Material shown ▸
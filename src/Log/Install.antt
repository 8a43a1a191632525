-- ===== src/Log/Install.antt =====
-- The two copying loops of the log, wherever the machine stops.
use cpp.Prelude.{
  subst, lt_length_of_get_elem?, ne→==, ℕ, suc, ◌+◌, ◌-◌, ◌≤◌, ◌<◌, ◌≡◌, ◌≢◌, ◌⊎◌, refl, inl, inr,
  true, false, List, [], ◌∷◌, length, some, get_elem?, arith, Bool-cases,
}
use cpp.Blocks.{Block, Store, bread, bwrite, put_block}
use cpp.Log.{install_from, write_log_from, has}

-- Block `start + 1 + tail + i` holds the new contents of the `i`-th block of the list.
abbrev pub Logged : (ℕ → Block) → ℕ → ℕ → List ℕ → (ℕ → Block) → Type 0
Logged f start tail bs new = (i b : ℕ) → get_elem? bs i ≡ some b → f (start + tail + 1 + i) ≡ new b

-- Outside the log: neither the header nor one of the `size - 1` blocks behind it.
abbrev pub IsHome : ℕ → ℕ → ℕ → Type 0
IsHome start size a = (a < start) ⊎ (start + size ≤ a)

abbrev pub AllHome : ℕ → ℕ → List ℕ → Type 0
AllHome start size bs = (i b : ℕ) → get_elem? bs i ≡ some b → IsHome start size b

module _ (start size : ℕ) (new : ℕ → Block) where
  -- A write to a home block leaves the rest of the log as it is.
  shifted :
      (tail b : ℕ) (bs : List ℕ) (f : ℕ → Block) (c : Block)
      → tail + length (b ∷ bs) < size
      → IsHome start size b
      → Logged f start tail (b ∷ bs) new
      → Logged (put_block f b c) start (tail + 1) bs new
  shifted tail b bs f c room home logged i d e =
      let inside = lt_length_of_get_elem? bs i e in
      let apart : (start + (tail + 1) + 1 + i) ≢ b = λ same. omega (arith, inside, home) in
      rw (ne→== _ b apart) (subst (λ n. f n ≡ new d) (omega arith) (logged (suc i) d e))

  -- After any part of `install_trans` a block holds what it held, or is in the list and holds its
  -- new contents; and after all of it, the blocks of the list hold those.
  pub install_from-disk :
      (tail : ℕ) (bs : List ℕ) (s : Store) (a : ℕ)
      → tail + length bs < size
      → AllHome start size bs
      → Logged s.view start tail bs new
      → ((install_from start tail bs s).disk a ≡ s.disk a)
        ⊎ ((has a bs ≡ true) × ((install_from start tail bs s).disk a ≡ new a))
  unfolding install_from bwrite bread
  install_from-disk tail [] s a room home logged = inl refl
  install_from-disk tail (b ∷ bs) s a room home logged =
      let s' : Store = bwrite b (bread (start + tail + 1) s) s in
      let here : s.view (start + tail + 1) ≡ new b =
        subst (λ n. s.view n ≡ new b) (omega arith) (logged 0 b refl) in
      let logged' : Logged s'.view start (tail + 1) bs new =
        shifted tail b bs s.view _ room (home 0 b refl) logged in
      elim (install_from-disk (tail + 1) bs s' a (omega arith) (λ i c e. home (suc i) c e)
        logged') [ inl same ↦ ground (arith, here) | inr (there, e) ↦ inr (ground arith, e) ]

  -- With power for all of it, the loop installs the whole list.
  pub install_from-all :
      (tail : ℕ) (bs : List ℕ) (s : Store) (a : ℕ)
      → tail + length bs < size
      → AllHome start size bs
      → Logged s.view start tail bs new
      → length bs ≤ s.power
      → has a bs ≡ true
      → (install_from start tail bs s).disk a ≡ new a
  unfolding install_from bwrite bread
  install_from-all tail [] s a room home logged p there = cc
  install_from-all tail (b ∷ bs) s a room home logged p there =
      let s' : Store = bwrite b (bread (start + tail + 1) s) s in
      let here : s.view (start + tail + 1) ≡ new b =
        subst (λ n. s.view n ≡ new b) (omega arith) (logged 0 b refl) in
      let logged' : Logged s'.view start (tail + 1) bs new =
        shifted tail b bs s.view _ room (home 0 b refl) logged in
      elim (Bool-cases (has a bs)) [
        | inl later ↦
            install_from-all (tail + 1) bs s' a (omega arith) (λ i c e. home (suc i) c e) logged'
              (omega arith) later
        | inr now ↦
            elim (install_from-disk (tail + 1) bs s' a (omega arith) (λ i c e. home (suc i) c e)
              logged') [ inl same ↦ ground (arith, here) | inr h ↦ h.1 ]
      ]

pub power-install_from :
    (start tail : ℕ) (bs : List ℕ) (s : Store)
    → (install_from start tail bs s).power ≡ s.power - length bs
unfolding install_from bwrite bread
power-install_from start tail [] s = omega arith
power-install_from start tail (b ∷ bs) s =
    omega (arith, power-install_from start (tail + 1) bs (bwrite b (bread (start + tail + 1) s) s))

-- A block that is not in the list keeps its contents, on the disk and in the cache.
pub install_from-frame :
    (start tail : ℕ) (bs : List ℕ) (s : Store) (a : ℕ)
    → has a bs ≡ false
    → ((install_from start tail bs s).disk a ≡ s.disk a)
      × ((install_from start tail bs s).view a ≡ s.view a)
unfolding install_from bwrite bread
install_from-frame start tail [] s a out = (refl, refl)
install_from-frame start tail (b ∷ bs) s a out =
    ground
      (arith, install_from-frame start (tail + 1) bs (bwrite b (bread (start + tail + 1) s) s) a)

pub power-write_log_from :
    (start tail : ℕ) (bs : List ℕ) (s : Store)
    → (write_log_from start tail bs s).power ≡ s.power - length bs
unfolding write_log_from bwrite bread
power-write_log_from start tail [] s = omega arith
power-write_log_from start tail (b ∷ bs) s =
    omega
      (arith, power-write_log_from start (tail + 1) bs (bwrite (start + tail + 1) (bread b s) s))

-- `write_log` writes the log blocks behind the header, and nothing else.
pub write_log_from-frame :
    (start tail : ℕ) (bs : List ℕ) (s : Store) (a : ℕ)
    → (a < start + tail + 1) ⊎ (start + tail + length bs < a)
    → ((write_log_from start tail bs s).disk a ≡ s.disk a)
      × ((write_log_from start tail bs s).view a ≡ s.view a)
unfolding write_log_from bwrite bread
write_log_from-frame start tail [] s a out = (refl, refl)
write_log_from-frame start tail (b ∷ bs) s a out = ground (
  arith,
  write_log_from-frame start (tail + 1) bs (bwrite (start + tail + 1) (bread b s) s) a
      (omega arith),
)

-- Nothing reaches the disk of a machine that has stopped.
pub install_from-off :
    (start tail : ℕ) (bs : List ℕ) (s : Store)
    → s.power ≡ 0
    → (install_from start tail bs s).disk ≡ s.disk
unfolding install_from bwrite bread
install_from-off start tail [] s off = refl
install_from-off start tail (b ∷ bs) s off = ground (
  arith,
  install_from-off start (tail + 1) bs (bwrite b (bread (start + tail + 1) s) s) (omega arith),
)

...

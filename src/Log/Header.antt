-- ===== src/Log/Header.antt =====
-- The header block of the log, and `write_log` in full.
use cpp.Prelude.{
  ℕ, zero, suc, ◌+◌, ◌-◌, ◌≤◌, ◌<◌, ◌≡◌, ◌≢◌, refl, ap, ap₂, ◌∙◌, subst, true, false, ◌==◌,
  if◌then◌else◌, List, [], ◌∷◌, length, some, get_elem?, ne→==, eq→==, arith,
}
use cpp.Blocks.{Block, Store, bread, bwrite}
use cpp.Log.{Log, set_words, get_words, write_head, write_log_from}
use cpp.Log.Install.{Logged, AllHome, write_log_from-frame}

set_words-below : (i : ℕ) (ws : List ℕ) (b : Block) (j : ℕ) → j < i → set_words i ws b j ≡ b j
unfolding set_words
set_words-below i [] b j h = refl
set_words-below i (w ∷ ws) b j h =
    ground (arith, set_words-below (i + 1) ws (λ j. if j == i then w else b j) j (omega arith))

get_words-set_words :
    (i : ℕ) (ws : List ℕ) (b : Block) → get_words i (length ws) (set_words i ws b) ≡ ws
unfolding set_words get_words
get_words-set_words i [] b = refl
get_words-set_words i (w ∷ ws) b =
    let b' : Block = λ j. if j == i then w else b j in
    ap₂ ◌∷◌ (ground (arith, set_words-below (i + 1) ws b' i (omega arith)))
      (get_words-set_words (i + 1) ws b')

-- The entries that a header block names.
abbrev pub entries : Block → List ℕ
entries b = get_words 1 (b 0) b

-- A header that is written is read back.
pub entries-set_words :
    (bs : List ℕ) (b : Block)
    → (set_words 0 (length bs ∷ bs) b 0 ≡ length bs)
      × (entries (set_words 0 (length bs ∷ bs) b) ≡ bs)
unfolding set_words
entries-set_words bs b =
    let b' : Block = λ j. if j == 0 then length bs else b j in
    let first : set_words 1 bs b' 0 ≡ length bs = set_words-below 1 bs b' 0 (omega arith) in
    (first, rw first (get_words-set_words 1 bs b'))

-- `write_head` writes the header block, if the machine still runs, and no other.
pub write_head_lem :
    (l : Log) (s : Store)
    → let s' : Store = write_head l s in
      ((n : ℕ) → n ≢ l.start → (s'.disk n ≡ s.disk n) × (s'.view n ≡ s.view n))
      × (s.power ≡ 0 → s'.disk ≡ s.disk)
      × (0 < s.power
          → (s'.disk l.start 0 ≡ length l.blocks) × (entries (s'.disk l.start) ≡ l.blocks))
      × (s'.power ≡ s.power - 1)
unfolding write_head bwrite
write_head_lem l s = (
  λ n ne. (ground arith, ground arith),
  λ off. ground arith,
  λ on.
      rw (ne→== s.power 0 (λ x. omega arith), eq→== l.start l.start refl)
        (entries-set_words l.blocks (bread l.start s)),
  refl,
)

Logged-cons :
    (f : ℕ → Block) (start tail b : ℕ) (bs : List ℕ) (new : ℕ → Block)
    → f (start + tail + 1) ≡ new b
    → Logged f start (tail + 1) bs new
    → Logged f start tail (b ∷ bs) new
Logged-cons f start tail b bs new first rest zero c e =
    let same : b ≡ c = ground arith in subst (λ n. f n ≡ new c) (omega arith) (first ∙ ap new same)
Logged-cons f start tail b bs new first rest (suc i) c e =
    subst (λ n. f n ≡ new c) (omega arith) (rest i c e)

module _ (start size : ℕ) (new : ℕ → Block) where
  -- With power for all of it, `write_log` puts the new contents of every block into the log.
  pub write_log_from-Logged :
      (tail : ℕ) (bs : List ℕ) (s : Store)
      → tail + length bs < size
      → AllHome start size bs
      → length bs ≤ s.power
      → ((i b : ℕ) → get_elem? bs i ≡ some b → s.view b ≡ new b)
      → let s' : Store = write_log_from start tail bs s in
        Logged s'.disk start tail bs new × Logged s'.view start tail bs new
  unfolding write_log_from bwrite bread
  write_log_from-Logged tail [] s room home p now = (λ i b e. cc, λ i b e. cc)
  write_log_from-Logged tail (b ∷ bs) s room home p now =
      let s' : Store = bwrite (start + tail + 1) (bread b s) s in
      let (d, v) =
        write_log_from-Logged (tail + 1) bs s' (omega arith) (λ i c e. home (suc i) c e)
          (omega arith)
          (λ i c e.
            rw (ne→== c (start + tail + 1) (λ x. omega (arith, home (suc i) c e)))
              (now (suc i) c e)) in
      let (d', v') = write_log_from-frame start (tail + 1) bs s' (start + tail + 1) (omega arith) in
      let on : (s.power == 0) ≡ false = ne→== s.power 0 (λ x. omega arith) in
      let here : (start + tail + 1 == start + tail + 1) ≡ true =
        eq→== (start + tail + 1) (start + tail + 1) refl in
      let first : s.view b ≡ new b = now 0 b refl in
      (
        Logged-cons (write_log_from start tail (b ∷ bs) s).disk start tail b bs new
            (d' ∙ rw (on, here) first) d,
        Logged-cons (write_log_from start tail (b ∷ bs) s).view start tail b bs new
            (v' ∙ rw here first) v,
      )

Exercise goal ▸ Copy exactly the stretch of data above from the line with "filename src/Log/Install.antt" through the line with "abbrev pub Logged", and omit all other lines.

Answer area ▸
filename src/Log/Install.antt
repository 8a43a1a191632525
-- ===== src/Log/Install.antt =====
-- The two copying loops of the log, wherever the machine stops.
use cpp.Prelude.{
  subst, lt_length_of_get_elem?, ne→==, ℕ, suc, ◌+◌, ◌-◌, ◌≤◌, ◌<◌, ◌≡◌, ◌≢◌, ◌⊎◌, refl, inl, inr,
  true, false, List, [], ◌∷◌, length, some, get_elem?, arith, Bool-cases,
}
use cpp.Blocks.{Block, Store, bread, bwrite, put_block}
use cpp.Log.{install_from, write_log_from, has}

-- Block `start + 1 + tail + i` holds the new contents of the `i`-th block of the list.
abbrev pub Logged : (ℕ → Block) → ℕ → ℕ → List ℕ → (ℕ → Block) → Type 0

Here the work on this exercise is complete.